I think what you're actually seeing is not the contents of error.txt but rather an error from bash. Can you wrap the cat argument in quotes? I.e.:

cat "/home/acc12468eh/ray_results/dm_control/cheetah/run/2020-09-14T19-51-36-sl-sac/id=43fbb_00000-seed=8373_0_hidden_layer_sizes=(256, 256),preprocessors=({'pixels': {'class_name': 'convnet_preprocessor', 'config'_2020-09-14_19-51-38hsvhe5yt/error.txt"

@hartikainen

Oh, sorry. This is the correct error.txt content.

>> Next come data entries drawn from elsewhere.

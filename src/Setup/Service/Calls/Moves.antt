-- ===== src/Setup/Service/Calls/Moves.antt =====
-- The promise of the service for each tenant: its status moves as `Move` says, and a configuration is
-- active only if it passed the checks.
use crmtsi_app.Common.{
  ℕ, ◌+◌, ◌≡◌, refl, subst, ◌⊎◌, inl, String, Option, none, some, List, [], ◌∷◌, ok, arith, Text,
}
use crmtsi_app.Providers.Endpoint.{Url}
use crmtsi_app.Setup.{State, uninitialized, bootstrapped, draft, validated, activating, active}
use crmtsi_app.Setup.Validation.{Draft, validate_provider_config}
use crmtsi_app.Setup.Service.{
  Row, Limits, Status, status_of, get_setup, get_setup_status, get_active_config, active_of,
  check_draft,
}
use crmtsi_app.Setup.Service.Calls.{
  Store, Call, bootstraps, drafts, validates, activates, settles, rotates, step, run,
}
use crmtsi_app.Setup.Service.Calls.Views.{View, view_of, local, step_view}

-- The moves that the set-up of a tenant may make, with the versions before and after.
abbrev pub Move : State → ℕ → State → ℕ → Type 0
Move uninitialized n bootstrapped m = (n ≡ 0) × (m ≡ 1)
Move uninitialized n uninitialized m = m ≡ n
Move bootstrapped n bootstrapped m = m ≡ n
Move bootstrapped n draft m = m ≡ n + 1
Move draft n draft m = (m ≡ n) ⊎ (m ≡ n + 1)
Move draft n validated m = m ≡ n
Move validated n draft m = m ≡ n + 1
Move validated n validated m = m ≡ n
Move validated n activating m = m ≡ n
Move activating n activating m = m ≡ n
Move activating n active m = m ≡ n + 1
Move activating n validated m = m ≡ n
Move active n active m = m ≡ n
Move s n t m = ⊥

abbrev pub Moves : Status → Status → Type 0
Moves s t = Move s.state s.version t.state t.version

abbrev pub empty : Store
empty = record { rows = []; settings = []; audits = []; in_flight = [] }

module _ (parse_url : Text → Option Url) where
  abbrev pub IsAccepted : Option Draft → Type 0
  IsAccepted none = ⊥
  IsAccepted (some d) = check_draft parse_url (some d) ≡ ok tt

  -- What each state says of the row and of the activation in flight.
  abbrev Fits : State → Row → Option (String × Draft) → Type 0
  Fits uninitialized r f = ⊥
  Fits bootstrapped r f = (r.active_config ≡ none) × (f ≡ none)
  Fits draft r f = IsAccepted r.draft_config × (r.active_config ≡ none) × (f ≡ none)
  Fits validated r f = IsAccepted r.draft_config × (r.active_config ≡ none) × (f ≡ none)
  Fits activating r f = IsAccepted r.draft_config × (r.active_config ≡ none)
  Fits active r f = IsAccepted r.active_config × (f ≡ none)

  abbrev pub IsSound : View → Type 0
  IsSound v = elim v.row [ none ↦ v.flight ≡ none | some r ↦ Fits r.state r v.flight ]

module _ (sha256 : String → String) (parse_url : Text → Option Url) (limits : Limits) where
  draft-IsAccepted :
      (config : Option Draft) → check_draft parse_url config ≡ ok tt → IsAccepted parse_url config
  unfolding validate_provider_config
  draft-IsAccepted none e = ground (arith, e)
  draft-IsAccepted (some d) e = e

  abbrev Advances : View → View → Type 0
  Advances v w = Moves (status_of v.row) (status_of w.row) × IsSound parse_url w

  local_absent :
      (u : String) (c : Call) (f : Option (String × Draft))
      → f ≡ none
      → Advances
          (record { row = none; flight = f })
          (local sha256 parse_url limits u c (record { row = none; flight = f }))
  local_absent u (bootstraps now secret bootstrap_secret salt expires_at) f h = ground (arith, h)
  local_absent u (drafts config) f h = ground (arith, h)
  local_absent u (validates now token) f h = ground (arith, h)
  local_absent u activates f h = ground (arith, h)
  local_absent u (settles actor_id ciphertext out) f h = ground (arith, h)
  local_absent u (rotates now actor_id old_secret new_secret salt audited) f h = ground (arith, h)

  local_present :
      (u : String) (c : Call) (r : Row) (f : Option (String × Draft)) (s : State)
      → r.state ≡ s
      → Fits parse_url s r f
      → Advances
          (record { row = some r; flight = f })
          (local sha256 parse_url limits u c (record { row = some r; flight = f }))
  local_present u (bootstraps now secret bootstrap_secret salt expires_at) r f s e h =
      ground (arith, e, h)
  local_present u (drafts config) r f s e h = ground (arith, e, h, draft-IsAccepted config)
  local_present u (validates now token) r f s e h = ground (arith, e, h)
  local_present u activates r f s e h = ground (arith, e, h)
  local_present u (settles actor_id ciphertext out) r f s e h = ground (arith, e, h)
  local_present u (rotates now actor_id old_secret new_secret salt audited) r f s e h =
      ground (arith, e, h)

  abbrev Sound : Store → Type 0
  Sound s = (t : String) → IsSound parse_url (view_of t s)

  abbrev view : Option Row → Option (String × Draft) → View
  view o f = record { row = o; flight = f }

  local-Advances :
      (u : String) (c : Call) (o : Option Row) (f : Option (String × Draft))
      → IsSound parse_url (view o f)
      → Advances (view o f) (local sha256 parse_url limits u c (view o f))
  local-Advances u c none f h = local_absent u c f h
  local-Advances u c (some r) f h = local_present u c r f r.state refl h

  rests :
      (r : Row) (f : Option (String × Draft)) (s : State)
      → Fits parse_url s r f
      → Move s r.version s r.version
  rests r f uninitialized h = absurd h
  rests r f bootstrapped h = refl
  rests r f draft h = inl refl
  rests r f validated h = refl
  rests r f activating h = refl
  rests r f active h = refl

  stays_put :
      (o : Option Row) (f : Option (String × Draft))
      → IsSound parse_url (view o f)
      → Advances (view o f) (view o f)
  stays_put none f h = (refl, h)
  stays_put (some r) f h = (rests r f r.state h, h)

  step-Advances :
      (u t : String) (c : Call) (s : Store)
      → IsSound parse_url (view_of t s)
      → Advances (view_of t s) (view_of t (step sha256 parse_url limits u c s))
  step-Advances u t c s h =
      step_view sha256 parse_url limits Advances (IsSound parse_url)
        (λ u c v k. local-Advances u c v.row v.flight k) (λ v k. stays_put v.row v.flight k) u t c s
        h

  abbrev pub reached : List (String × Call) → Store
  reached calls = run sha256 parse_url limits empty calls

  run-Sound :
      (t : String) (calls : List (String × Call)) (s : Store)
      → IsSound parse_url (view_of t s)
      → IsSound parse_url (view_of t (run sha256 parse_url limits s calls))
  unfolding run
  run-Sound t [] s h = h
  run-Sound t ((u, c) ∷ calls) s h =
      run-Sound t calls (step sha256 parse_url limits u c s) (step-Advances u t c s h).1

  reached-Sound :
      (t : String) (calls : List (String × Call)) → IsSound parse_url (view_of t (reached calls))
  unfolding get_setup
  reached-Sound t calls = run-Sound t calls empty refl

  -- From an empty database, after any calls of any tenants, every further call moves the status that
  -- getSetupStatus answers for a tenant only as `Move` allows.
  pub setup-Moves :
      (calls : List (String × Call)) (u t : String) (c : Call)
      → Moves
          (get_setup_status t (reached calls).rows)
          (get_setup_status t (step sha256 parse_url limits u c (reached calls)).rows)
  unfolding get_setup_status
  setup-Moves calls u t c = (step-Advances u t c (reached calls) (reached-Sound t calls)).0

  active_accepted :
      (r : Row) (f : Option (String × Draft)) (d : Draft) (s : State)
      → Fits parse_url s r f
      → r.active_config ≡ some d
      → check_draft parse_url (some d) ≡ ok tt
  active_accepted r f d uninitialized h e = absurd h
  active_accepted r f d active h e = subst (IsAccepted parse_url) e h.0
  active_accepted r f d bootstrapped h e = cc
  active_accepted r f d draft h e = cc
  active_accepted r f d validated h e = cc
  active_accepted r f d activating h e = cc

  answer_accepted :
      (o : Option Row) (f : Option (String × Draft)) (d : Draft)
      → IsSound parse_url (view o f)
      → active_of o ≡ some d
      → check_draft parse_url (some d) ≡ ok tt
  answer_accepted none f d h e = ground (arith, e)
  answer_accepted (some r) f d h e = active_accepted r f d r.state h e

  -- From an empty database, after any calls of any tenants, a configuration that getActiveConfig answers
  -- passed the checks of setDraftConfig.
  pub active_checked :
      (calls : List (String × Call)) (t : String) (d : Draft)
      → get_active_config t (reached calls).rows ≡ some d
      → check_draft parse_url (some d) ≡ ok tt
  unfolding get_active_config
  active_checked calls t d e =
      answer_accepted (view_of t (reached calls)).row (view_of t (reached calls)).flight d
        (reached-Sound t calls) e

(base) [acc12468eh@es2 ~]$ cat /home/acc12468eh/ray_results/dm_control/cheetah/run/2020-09-14T19-51-36-sl-sac/id\=43fbb_00000-seed\=8373_0_hidden_layer_sizes\=\(256\,\ 256\)\,preprocessors\=\(\{\'pixels\'\:\ \{\'class_name\'\:\ \'convnet_preprocessor\'\,\ \'config\'_2020-09-14_19-51-38hsvhe5yt/error.txt
Failure # 1 (occurred at 2020-09-14_19-51-58)
Traceback (most recent call last):
  File "/home/acc12468eh/miniconda3/envs/softlearning/lib/python3.7/site-packages/ray/tune/trial_runner.py", line 471, in _process_trial
    result = self.trial_executor.fetch_result(trial)
  File "/home/acc12468eh/miniconda3/envs/softlearning/lib/python3.7/site-packages/ray/tune/ray_trial_executor.py", line 430, in fetch_result
    result = ray.get(trial_future[0], DEFAULT_GET_TIMEOUT)
  File "/home/acc12468eh/miniconda3/envs/softlearning/lib/python3.7/site-packages/ray/worker.py", line 1540, in get
    raise value
ray.exceptions.RayActorError: The actor died unexpectedly before finishing this task.

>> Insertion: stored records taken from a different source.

-- ===== src/Setup/Service/Calls/Over.antt =====
-- A set-up that is over stays as it is.
use crmtsi_app.Common.{◌≡◌, refl, ◌∙◌, ◌⊎◌, String, Option, none, some, List, [], ◌∷◌, arith, Text}
use crmtsi_app.Providers.Endpoint.{Url}
use crmtsi_app.Setup.{active, activating}
use crmtsi_app.Setup.Validation.{Draft}
use crmtsi_app.Setup.Service.{Row, Limits, Status, status_of, active_of}
use crmtsi_app.Setup.Service.Calls.{
  Store, Call, bootstraps, drafts, validates, activates, settles, rotates, step, run,
}
use crmtsi_app.Setup.Service.Calls.Views.{View, view_of, local, step_view}

abbrev view : Option Row → Option (String × Draft) → View
view o f = record { row = o; flight = f }

-- The set-up is over: active, or left in the middle of an activation that the process did not end.
abbrev pub IsOver : Option Row → Option (String × Draft) → Type 0
IsOver none f = ⊥
IsOver (some r) f = ((r.state ≡ active) ⊎ (r.state ≡ activating)) × (f ≡ none)

-- What is seen of a tenant's set-up.
abbrev pub shown : View → Status × Option Draft
shown v = (status_of v.row, active_of v.row)

module _ (sha256 : String → String) (parse_url : Text → Option Url) (limits : Limits) where
  local-IsOver :
      (u : String) (c : Call) (o : Option Row) (f : Option (String × Draft))
      → IsOver o f
      → (shown (local sha256 parse_url limits u c (view o f)) ≡ shown (view o f))
        × IsOver
            (local sha256 parse_url limits u c (view o f)).row
            (local sha256 parse_url limits u c (view o f)).flight
  local-IsOver u c none f h = absurd h
  local-IsOver u (bootstraps now secret bootstrap_secret salt expires_at) (some r) f h =
      ground (arith, h)
  local-IsOver u (drafts config) (some r) f h = ground (arith, h)
  local-IsOver u (validates now token) (some r) f h = ground (arith, h)
  local-IsOver u activates (some r) f h = ground (arith, h)
  local-IsOver u (settles actor_id ciphertext out) (some r) f h = ground (arith, h)
  local-IsOver u (rotates now actor_id old_secret new_secret salt audited) (some r) f h =
      ground (arith, h)

  step-IsOver :
      (u t : String) (c : Call) (s : Store)
      → IsOver (view_of t s).row (view_of t s).flight
      → (shown (view_of t (step sha256 parse_url limits u c s)) ≡ shown (view_of t s))
        × IsOver
            (view_of t (step sha256 parse_url limits u c s)).row
            (view_of t (step sha256 parse_url limits u c s)).flight
  step-IsOver u t c s h =
      step_view sha256 parse_url limits (λ v w. (shown w ≡ shown v) × IsOver w.row w.flight)
        (λ v. IsOver v.row v.flight) (λ u c v k. local-IsOver u c v.row v.flight k)
        (λ v k. (refl, k)) u t c s h

  -- Where a tenant's row is active, or is activating, and no activation of the tenant is in flight, no
  -- calls of any tenants change the status or the active configuration that are answered for it.
  over_kept :
      (t : String) (calls : List (String × Call)) (s : Store)
      → IsOver (view_of t s).row (view_of t s).flight
      → shown (view_of t (run sha256 parse_url limits s calls)) ≡ shown (view_of t s)
  unfolding run
  over_kept t [] s h = refl
  over_kept t ((u, c) ∷ calls) s h =
      let (same, later) = step-IsOver u t c s h in
      over_kept t calls (step sha256 parse_url limits u c s) later ∙ same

Failure # 2 (occurred at 2020-09-14_19-52-06)
Traceback (most recent call last):
  File "/home/acc12468eh/miniconda3/envs/softlearning/lib/python3.7/site-packages/ray/tune/trial_runner.py", line 471, in _process_trial
    result = self.trial_executor.fetch_result(trial)
  File "/home/acc12468eh/miniconda3/envs/softlearning/lib/python3.7/site-packages/ray/tune/ray_trial_executor.py", line 430, in fetch_result
    result = ray.get(trial_future[0], DEFAULT_GET_TIMEOUT)
  File "/home/acc12468eh/miniconda3/envs/softlearning/lib/python3.7/site-packages/ray/worker.py", line 1540, in get
    raise value
ray.exceptions.RayActorError: The actor died unexpectedly before finishing this task.

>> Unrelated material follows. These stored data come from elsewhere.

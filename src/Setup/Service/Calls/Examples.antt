-- ===== src/Setup/Service/Calls/Examples.antt =====
-- A tenant that is set up, and one whose activation is lost.
use crmtsi_app.Common.{
  ◌≡◌, refl, inr, String, false, Option, none, some, List, [], ◌∷◌, ok, Text, text_eq, codes,
  string,
}
use crmtsi_app.Providers.Endpoint.{Url}
use crmtsi_app.Setup.Validation.{Draft, validate_provider_config, check_fields}
use crmtsi_app.Providers.Schema.{
  check_required, check_rules, check_rule, is_graph_version, is_decimal, all_digits,
}
use crmtsi_app.Setup.Service.{
  default_limits, get_setup, get_setup_status, get_active_config, check_draft, bootstrap,
  set_draft_config, validate_draft, begin_activation, transact, update_row,
}
use crmtsi_app.Setup.Service.Calls.{
  Store, Call, bootstraps, drafts, validates, activates, settles, completes, fails, at_upsert, step,
  run, lands, finish_activation, settle_rows,
}
use crmtsi_app.Setup.Service.Calls.Views.{view_of}
use crmtsi_app.Setup.Service.Calls.Moves.{Moves, reached, setup-Moves, active_checked}
use crmtsi_app.Setup.Service.Calls.Over.{IsOver}

abbrev hash : String → String
hash s = s

abbrev no_url : Text → Option Url
no_url t = none

abbrev meta : Draft
meta = record {
  provider = string (codes "meta");
  config =
      some
        (("graphVersion", string (codes "v19.0")) ∷ ("phoneNumberId", string (codes "123")) ∷ []);
}

abbrev prepared : List (String × Call)
prepared =
    ("acme", bootstraps 100 "secret" "secret" "salt" none)
    ∷ ("other", bootstraps 100 "s" "t" "salt" none)
    ∷ ("acme", drafts (some meta))
    ∷ ("acme", validates 70000 "token")
    ∷ ("acme", activates)
    ∷ []

abbrev after : List (String × Call)
after =
    ("acme", bootstraps 100 "secret" "secret" "salt" none)
    ∷ ("acme", drafts (some meta))
    ∷ ("acme", validates 70000 "token")
    ∷ ("acme", activates)
    ∷ ("acme", settles "admin" (codes "sealed") (fails at_upsert "refused" false))
    ∷ []

abbrev done : List (String × Call)
done =
    ("acme", bootstraps 100 "secret" "secret" "salt" none)
    ∷ ("acme", drafts (some meta))
    ∷ ("acme", validates 70000 "token")
    ∷ ("acme", activates)
    ∷ ("acme", settles "admin" (codes "sealed") completes)
    ∷ []

active_now : get_active_config "acme" (reached hash no_url default_limits done).rows ≡ some meta
unfolding get_active_config get_setup run step bootstrap set_draft_config validate_draft
    begin_activation transact update_row lands finish_activation settle_rows
    validate_provider_config check_fields check_required check_rules check_rule is_graph_version
    is_decimal all_digits text_eq
active_now = refl

setup-Moves_example :
    Moves (get_setup_status "acme" (reached hash no_url default_limits prepared).rows) (
      get_setup_status "acme"
        (step hash no_url default_limits "acme"
          (settles "admin" (codes "sealed") completes)
          (reached hash no_url default_limits prepared)).rows)
setup-Moves_example =
    setup-Moves hash no_url default_limits prepared "acme" "acme"
      (settles "admin" (codes "sealed") completes)

active_checked_example : check_draft no_url (some meta) ≡ ok tt
active_checked_example = active_checked hash no_url default_limits done "acme" meta active_now

abbrev lost_store : Store
lost_store = reached hash no_url default_limits after

lost_store-IsOver : IsOver (view_of "acme" lost_store).row (view_of "acme" lost_store).flight
unfolding get_setup run step bootstrap set_draft_config validate_draft begin_activation transact
    update_row lands finish_activation settle_rows validate_provider_config check_fields
    check_required check_rules check_rule is_graph_version is_decimal all_digits text_eq
lost_store-IsOver = (inr refl, refl)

Failure # 3 (occurred at 2020-09-14_19-52-14)
Traceback (most recent call last):
  File "/home/acc12468eh/miniconda3/envs/softlearning/lib/python3.7/site-packages/ray/tune/trial_runner.py", line 471, in _process_trial
    result = self.trial_executor.fetch_result(trial)
  File "/home/acc12468eh/miniconda3/envs/softlearning/lib/python3.7/site-packages/ray/tune/ray_trial_executor.py", line 430, in fetch_result
    result = ray.get(trial_future[0], DEFAULT_GET_TIMEOUT)
  File "/home/acc12468eh/miniconda3/envs/softlearning/lib/python3.7/site-packages/ray/worker.py", line 1540, in get
    raise value
ray.exceptions.RayActorError: The actor died unexpectedly before finishing this task.

Failure # 4 (occurred at 2020-09-14_19-52-23)
Traceback (most recent call last):
  File "/home/acc12468eh/miniconda3/envs/softlearning/lib/python3.7/site-packages/ray/tune/trial_runner.py", line 471, in _process_trial
    result = self.trial_executor.fetch_result(trial)
  File "/home/acc12468eh/miniconda3/envs/softlearning/lib/python3.7/site-packages/ray/tune/ray_trial_executor.py", line 430, in fetch_result
    result = ray.get(trial_future[0], DEFAULT_GET_TIMEOUT)
  File "/home/acc12468eh/miniconda3/envs/softlearning/lib/python3.7/site-packages/ray/worker.py", line 1540, in get
    raise value
ray.exceptions.RayActorError: The actor died unexpectedly before finishing this task.

Yes, walker run is okay, but not cheetah run.